13. An image display method for controlling, independently of each other, the emission ratios of a plurality of color light sources for irradiating light to a display unit including a color filter, based on the gradation of an image displayed on the display unit, the method comprising:

detecting luminance or color unevenness which is generated in the display portion displaying an image and is caused by light leakage from a light source other than the light source corresponding to the color filter;

a step of acquiring the light emission ratios of the light sources of a plurality of colors, respectively, when the light sources emit light; and

and a step of controlling the light emission ratio of the light source so that the color of light emitted by the light source to be synthesized approaches white, based on the detected luminance unevenness or color unevenness and the acquired light emission ratio.

14. An image display method for controlling emission ratios of light sources of a plurality of colors, which irradiate light to a display unit including a color filter, independently based on a gradation of an image displayed on the display unit, the method comprising:

detecting whether or not there is luminance or color unevenness, which is generated in a partial region of the display portion in which an image is displayed and is caused by light leakage from a light source other than the light source corresponding to the color filter, in the plurality of regions;

a step of obtaining respective light emission ratios of the light sources; and

and a step of controlling the light emission ratios of the light sources so that the colors of light emitted by all the light sources to be synthesized approach white, based on the number of areas in which brightness unevenness or color unevenness is detected, and the acquired light emission ratios.
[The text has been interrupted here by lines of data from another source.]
-- ===== src/Net/Channel/Masks.antt =====
-- What the setters of winterfell/net/wf_channel.h do to the mask. A channel's mask is made by them
-- alone, so it stays below 8.
use Prim.Native.Nat.{bit_and, bit_or}
use winterfell.Prelude.{ℕ, zero, suc, ◌-◌, ◌<◌, ◌^◌, ◌≡◌, refl, Bool, true, false, arith}
use winterfell.Net.Channel.{
  Channel, read_event, overlaps, enable_reading, enable_writing, disable_writing, disable_all,
  is_writing,
}

-- A fact of the eight masks holds of every mask below 8.
below_8 : (P : ℕ → Type 0) → P 0 → P 1 → P 2 → P 3 → P 4 → P 5 → P 6 → P 7 → (x : ℕ) → x < 8 → P x
below_8 P a b c d e f g h zero k = a
below_8 P a b c d e f g h (suc zero) k = b
below_8 P a b c d e f g h (suc (suc zero)) k = c
below_8 P a b c d e f g h (suc (suc (suc zero))) k = d
below_8 P a b c d e f g h (suc (suc (suc (suc zero)))) k = e
below_8 P a b c d e f g h (suc (suc (suc (suc (suc zero))))) k = f
below_8 P a b c d e f g h (suc (suc (suc (suc (suc (suc zero)))))) k = g
below_8 P a b c d e f g h (suc (suc (suc (suc (suc (suc (suc zero))))))) k = h
below_8 P a b c d e f g h (suc (suc (suc (suc (suc (suc (suc (suc n)))))))) k = absurd (omega arith)

abbrev pub is_reading : Channel → Bool
is_reading c = overlaps c.events read_event

-- The mask of a channel that only these setters changed.
abbrev pub IsMask : Channel → Type 0
IsMask c = c.events < 8

-- What a setter must do to the two interests.
abbrev pub Sets : Channel → Bool → Bool → Type 0
Sets c reading writing = IsMask c × (is_reading c ≡ reading) × (is_writing c ≡ writing)

-- On a channel whose mask the setters made, `enableReading` and `enableWriting` add their interest,
-- `disableWriting` takes the write interest away, and each leaves the other interest as it was; but
-- `disableAll` leaves both as they were.
pub setters_lem :
    (c : Channel)
    → IsMask c
    → Sets (enable_reading c) true (is_writing c)
      × Sets (enable_writing c) (is_reading c) true
      × Sets (disable_writing c) (is_reading c) false
      × Sets (disable_all c) (is_reading c) (is_writing c)
unfolding enable_reading enable_writing disable_writing disable_all is_writing
setters_lem c h =
    below_8
      (λ e.
        ((bit_or e 3 < 8)
          × (overlaps (bit_or e 3) 3 ≡ true)
          × (overlaps (bit_or e 3) 4 ≡ overlaps e 4))
        × ((bit_or e 4 < 8)
            × (overlaps (bit_or e 4) 3 ≡ overlaps e 3)
            × (overlaps (bit_or e 4) 4 ≡ true))
        × ((bit_and e (2 ^ 32 - 1 - 4) < 8)
            × (overlaps (bit_and e (2 ^ 32 - 1 - 4)) 3 ≡ overlaps e 3)
            × (overlaps (bit_and e (2 ^ 32 - 1 - 4)) 4 ≡ false))
        × ((bit_or e 0 < 8)
            × (overlaps (bit_or e 0) 3 ≡ overlaps e 3)
            × (overlaps (bit_or e 0) 4 ≡ overlaps e 4)))
      (
        (omega arith, refl, refl),
        (omega arith, refl, refl),
        (omega arith, refl, refl),
        (omega arith, refl, refl),
      )
      (
        (omega arith, refl, refl),
        (omega arith, refl, refl),
        (omega arith, refl, refl),
        (omega arith, refl, refl),
      )
      (
        (omega arith, refl, refl),
        (omega arith, refl, refl),
        (omega arith, refl, refl),
        (omega arith, refl, refl),
      )
      (
        (omega arith, refl, refl),
        (omega arith, refl, refl),
        (omega arith, refl, refl),
        (omega arith, refl, refl),
      )
      (
        (omega arith, refl, refl),
        (omega arith, refl, refl),
        (omega arith, refl, refl),
        (omega arith, refl, refl),
      )
      (
        (omega arith, refl, refl),
        (omega arith, refl, refl),
        (omega arith, refl, refl),
        (omega arith, refl, refl),
      )
      (
        (omega arith, refl, refl),
        (omega arith, refl, refl),
        (omega arith, refl, refl),
        (omega arith, refl, refl),
      )
      (
        (omega arith, refl, refl),
        (omega arith, refl, refl),
        (omega arith, refl, refl),
        (omega arith, refl, refl),
      )
      c.events h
15. An image display method of controlling, for each light source, a light emission ratio of a backlight having a plurality of colors of light sources for irradiating light to a display portion including a color filter, in accordance with a gradation of an image displayed by the display portion, comprising:

detecting whether or not there is luminance or color unevenness which is generated in a partial region of the display portion displaying an image and is caused by light leakage from a light source other than a light source corresponding to the color filter;

a step of obtaining respective light emission ratios of the light sources; and

and controlling the emission ratios of the light sources based on the acquired emission ratios so that the light sources of the backlight corresponding to the areas where the luminance unevenness or the color unevenness is detected emit light close to white light.